# Work required:
Your response should consist of the data that follows, repeated in full without alteration.

# The input:
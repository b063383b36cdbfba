-- ===== src/Server/Locality/Helpers.antt =====
-- The unit that polkit's helper runs in, and the agent its name tells
-- (faceauth-daemon/src/server/locality.rs, `polkit_helper_instance` and `helper_peer`).
use omarchy_faceauth.Prelude.{
  ◌≡◌, ◌∙◌, refl, ap, sym, Bool, true, false, ◌||◌, Option, none, some, List, [], ◌∷◌, ◌++◌, Text,
  codes, append-strip_prefix, strip_prefix, if◌then◌else◌, arith,
}
use omarchy_faceauth.Prelude.Chars.{parse_u64, parse_u32, parse_i32}
use omarchy_faceauth.Prelude.Splits.{
  is_empty_text, split, split_once, last_piece, trim, strip_suffix,
}
use omarchy_faceauth.Prelude.Joins.{strip_suffix-append}
use omarchy_faceauth.Server.ProcView.{
  ◌>>=?◌, AgentPeer, polkit_helper_instance, non_empty, helper_peer, peer_parts, peer_of,
}

-- An instance name that says this agent connected it: a count, a cookie, the agent's `<pid>_<id>` and
-- a uid.
abbrev pub IsInstanceOf : AgentPeer → Text → Type 0
IsInstanceOf agent name =
    (n : Text) × (cookie : Text) × (uid : Text) × (peer : Text) × (pid : Text) × (id : Text)
    × (split b'-' name ≡ n ∷ cookie ∷ peer ∷ uid ∷ [])
    × (split_once b'_' peer ≡ some (pid, id))
    × (parse_i32 pid ≡ some agent.pid)
    × (parse_u64 id ≡ some agent.id)

-- The path of a unit of polkit's helper that this agent connected.
abbrev pub IsHelperOf : AgentPeer → Text → Type 0
IsHelperOf agent path =
    (name : Text) × (codes "polkit-agent-helper@" ++ (name ++ codes ".service")
      ≡ last_piece (split b'/' (trim path)))
    × IsInstanceOf agent name

>>=?-some :
    {A B : Type 0} (o : Option A) (f : A → Option B) (b : B)
    → (o >>=? f) ≡ some b
    → (a : A) × (o ≡ some a) × (f a ≡ some b)
>>=?-some none f b h = cc
>>=?-some (some a) f b h = (a, refl, h)

unless-some :
    {A : Type 0} (c : Bool) (o : Option A) (b : A) → (if c then none else o) ≡ some b → o ≡ some b
unless-some true o b h = cc
unless-some false o b h = h

pub polkit_helper_instance-unit :
    (unit name : Text)
    → polkit_helper_instance unit ≡ some name
    → codes "polkit-agent-helper@" ++ (name ++ codes ".service") ≡ unit
unfolding polkit_helper_instance
polkit_helper_instance-unit unit name h =
    let (instance, e₁, h₁) =
      >>=?-some
        (strip_prefix (codes "polkit-agent-helper@") unit >>=? strip_suffix (codes ".service"))
        non_empty name h in
    let (more, e₂, h₂) =
      >>=?-some (strip_prefix (codes "polkit-agent-helper@") unit) (strip_suffix (codes ".service"))
        instance e₁ in
    let same : instance ≡ name = ground arith in
    ap (λ (r : Text). codes "polkit-agent-helper@" ++ (r ++ codes ".service")) (sym same)
    ∙ (ap (λ (r : Text). codes "polkit-agent-helper@" ++ r)
          (strip_suffix-append (codes ".service") more instance h₂)
        ∙ append-strip_prefix (codes "polkit-agent-helper@") unit more e₂)

peer_of-id :
    (peer : Text) (o : Option (Text × Text)) (agent : AgentPeer)
    → peer_of peer o ≡ some (agent.pid, some agent.id)
    → (pid : Text) × (id : Text) × (o ≡ some (pid, id))
      × (parse_i32 pid ≡ some agent.pid)
      × (parse_u64 id ≡ some agent.id)
peer_of-id peer none agent h =
    let (p, e, k) = >>=?-some (parse_i32 peer) _ (agent.pid, some agent.id) h in ground arith
peer_of-id peer (some (pid, id)) agent h =
    let (p, e, k) = >>=?-some (parse_i32 pid) _ (agent.pid, some agent.id) h in
    let (i, e', k') = >>=?-some (parse_u64 id) _ (agent.pid, some agent.id) k in
    (pid, id, refl, ground arith, ground arith)

peer_parts-name :
    (agent : AgentPeer) (name : Text) (ps : List Text)
    → split b'-' name ≡ ps
    → peer_parts ps ≡ some (agent.pid, some agent.id)
    → IsInstanceOf agent name
unfolding peer_parts
peer_parts-name agent name [] e h = cc
peer_parts-name agent name (n ∷ []) e h = cc
peer_parts-name agent name (n ∷ cookie ∷ []) e h = cc
peer_parts-name agent name (n ∷ cookie ∷ peer ∷ []) e h = cc
peer_parts-name agent name (n ∷ cookie ∷ peer ∷ uid ∷ q ∷ qs) e h = cc
peer_parts-name agent name (n ∷ cookie ∷ peer ∷ uid ∷ []) e h =
    let h₀ =
      unless-some
        (is_empty_text n || is_empty_text cookie || is_empty_text peer || is_empty_text uid) _
        (agent.pid, some agent.id) h in
    let (a, e₁, h₁) = >>=?-some (parse_u64 n) _ (agent.pid, some agent.id) h₀ in
    let (b, e₂, h₂) = >>=?-some (parse_u64 cookie) _ (agent.pid, some agent.id) h₁ in
    let (c, e₃, h₃) = >>=?-some (parse_u32 uid) _ (agent.pid, some agent.id) h₂ in
    let (pid, id, once, p, i) = peer_of-id peer (split_once b'_' peer) agent h₃ in
    (n, cookie, uid, peer, pid, id, e, once, p, i)

pub helper_peer-IsInstanceOf :
    (agent : AgentPeer) (name : Text)
    → helper_peer name ≡ some (agent.pid, some agent.id)
    → IsInstanceOf agent name
unfolding helper_peer
helper_peer-IsInstanceOf agent name h = peer_parts-name agent name (split b'-' name) refl h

# Written reply:
repository b063383b36cdbfba
-- ===== src/Server/Locality/Helpers.antt =====
-- The unit that polkit's helper runs in, and the agent its name tells
-- (faceauth-daemon/src/server/locality.rs, `polkit_helper_instance` and `helper_peer`).
use omarchy_faceauth.Prelude.{
  ◌≡◌, ◌∙◌, refl, ap, sym, Bool, true, false, ◌||◌, Option, none, some, List, [], ◌∷◌, ◌++◌, Text,
  codes, append-strip_prefix, strip_prefix, if◌then◌else◌, arith,
}
use omarchy_faceauth.Prelude.Chars.{parse_u64, parse_u32, parse_i32}
use omarchy_faceauth.Prelude.Splits.{
  is_empty_text, split, split_once, last_piece, trim, strip_suffix,
}
use omarchy_faceauth.Prelude.Joins.{strip_suffix-append}
use omarchy_faceauth.Server.ProcView.{
  ◌>>=?◌, AgentPeer, polkit_helper_instance, non_empty, helper_peer, peer_parts, peer_of,
}

-- An instance name that says this agent connected it: a count, a cookie, the agent's `<pid>_<id>` and
-- a uid.
abbrev pub IsInstanceOf : AgentPeer → Text → Type 0
IsInstanceOf agent name =
    (n : Text) × (cookie : Text) × (uid : Text) × (peer : Text) × (pid : Text) × (id : Text)
    × (split b'-' name ≡ n ∷ cookie ∷ peer ∷ uid ∷ [])
    × (split_once b'_' peer ≡ some (pid, id))
    × (parse_i32 pid ≡ some agent.pid)
    × (parse_u64 id ≡ some agent.id)

-- The path of a unit of polkit's helper that this agent connected.
abbrev pub IsHelperOf : AgentPeer → Text → Type 0
IsHelperOf agent path =
    (name : Text) × (codes "polkit-agent-helper@" ++ (name ++ codes ".service")
      ≡ last_piece (split b'/' (trim path)))
    × IsInstanceOf agent name

>>=?-some :
    {A B : Type 0} (o : Option A) (f : A → Option B) (b : B)
    → (o >>=? f) ≡ some b
    → (a : A) × (o ≡ some a) × (f a ≡ some b)
>>=?-some none f b h = cc
>>=?-some (some a) f b h = (a, refl, h)

unless-some :
    {A : Type 0} (c : Bool) (o : Option A) (b : A) → (if c then none else o) ≡ some b → o ≡ some b
unless-some true o b h = cc
unless-some false o b h = h

pub polkit_helper_instance-unit :
    (unit name : Text)
    → polkit_helper_instance unit ≡ some name
    → codes "polkit-agent-helper@" ++ (name ++ codes ".service") ≡ unit
unfolding polkit_helper_instance
polkit_helper_instance-unit unit name h =
    let (instance, e₁, h₁) =
      >>=?-some
        (strip_prefix (codes "polkit-agent-helper@") unit >>=? strip_suffix (codes ".service"))
        non_empty name h in
    let (more, e₂, h₂) =
      >>=?-some (strip_prefix (codes "polkit-agent-helper@") unit) (strip_suffix (codes ".service"))
        instance e₁ in
    let same : instance ≡ name = ground arith in
    ap (λ (r : Text). codes "polkit-agent-helper@" ++ (r ++ codes ".service")) (sym same)
    ∙ (ap (λ (r : Text). codes "polkit-agent-helper@" ++ r)
          (strip_suffix-append (codes ".service") more instance h₂)
        ∙ append-strip_prefix (codes "polkit-agent-helper@") unit more e₂)

peer_of-id :
    (peer : Text) (o : Option (Text × Text)) (agent : AgentPeer)
    → peer_of peer o ≡ some (agent.pid, some agent.id)
    → (pid : Text) × (id : Text) × (o ≡ some (pid, id))
      × (parse_i32 pid ≡ some agent.pid)
      × (parse_u64 id ≡ some agent.id)
peer_of-id peer none agent h =
    let (p, e, k) = >>=?-some (parse_i32 peer) _ (agent.pid, some agent.id) h in ground arith
peer_of-id peer (some (pid, id)) agent h =
    let (p, e, k) = >>=?-some (parse_i32 pid) _ (agent.pid, some agent.id) h in
    let (i, e', k') = >>=?-some (parse_u64 id) _ (agent.pid, some agent.id) k in
    (pid, id, refl, ground arith, ground arith)

peer_parts-name :
    (agent : AgentPeer) (name : Text) (ps : List Text)
    → split b'-' name ≡ ps
    → peer_parts ps ≡ some (agent.pid, some agent.id)
    → IsInstanceOf agent name
unfolding peer_parts
peer_parts-name agent name [] e h = cc
peer_parts-name agent name (n ∷ []) e h = cc
peer_parts-name agent name (n ∷ cookie ∷ []) e h = cc
peer_parts-name agent name (n ∷ cookie ∷ peer ∷ []) e h = cc
peer_parts-name agent name (n ∷ cookie ∷ peer ∷ uid ∷ q ∷ qs) e h = cc
peer_parts-name agent name (n ∷ cookie ∷ peer ∷ uid ∷ []) e h =
    let h₀ =
      unless-some
        (is_empty_text n || is_empty_text cookie || is_empty_text peer || is_empty_text uid) _
        (agent.pid, some agent.id) h in
    let (a, e₁, h₁) = >>=?-some (parse_u64 n) _ (agent.pid, some agent.id) h₀ in
    let (b, e₂, h₂) = >>=?-some (parse_u64 cookie) _ (agent.pid, some agent.id) h₁ in
    let (c, e₃, h₃) = >>=?-some (parse_u32 uid) _ (agent.pid, some agent.id) h₂ in
    let (pid, id, once, p, i) = peer_of-id peer (split_once b'_' peer) agent h₃ in
    (n, cookie, uid, peer, pid, id, e, once, p, i)

pub helper_peer-IsInstanceOf :
    (agent : AgentPeer) (name : Text)
    → helper_peer name ≡ some (agent.pid, some agent.id)
    → IsInstanceOf agent name
unfolding helper_peer
helper_peer-IsInstanceOf agent name h = peer_parts-name agent name (split b'-' name) refl h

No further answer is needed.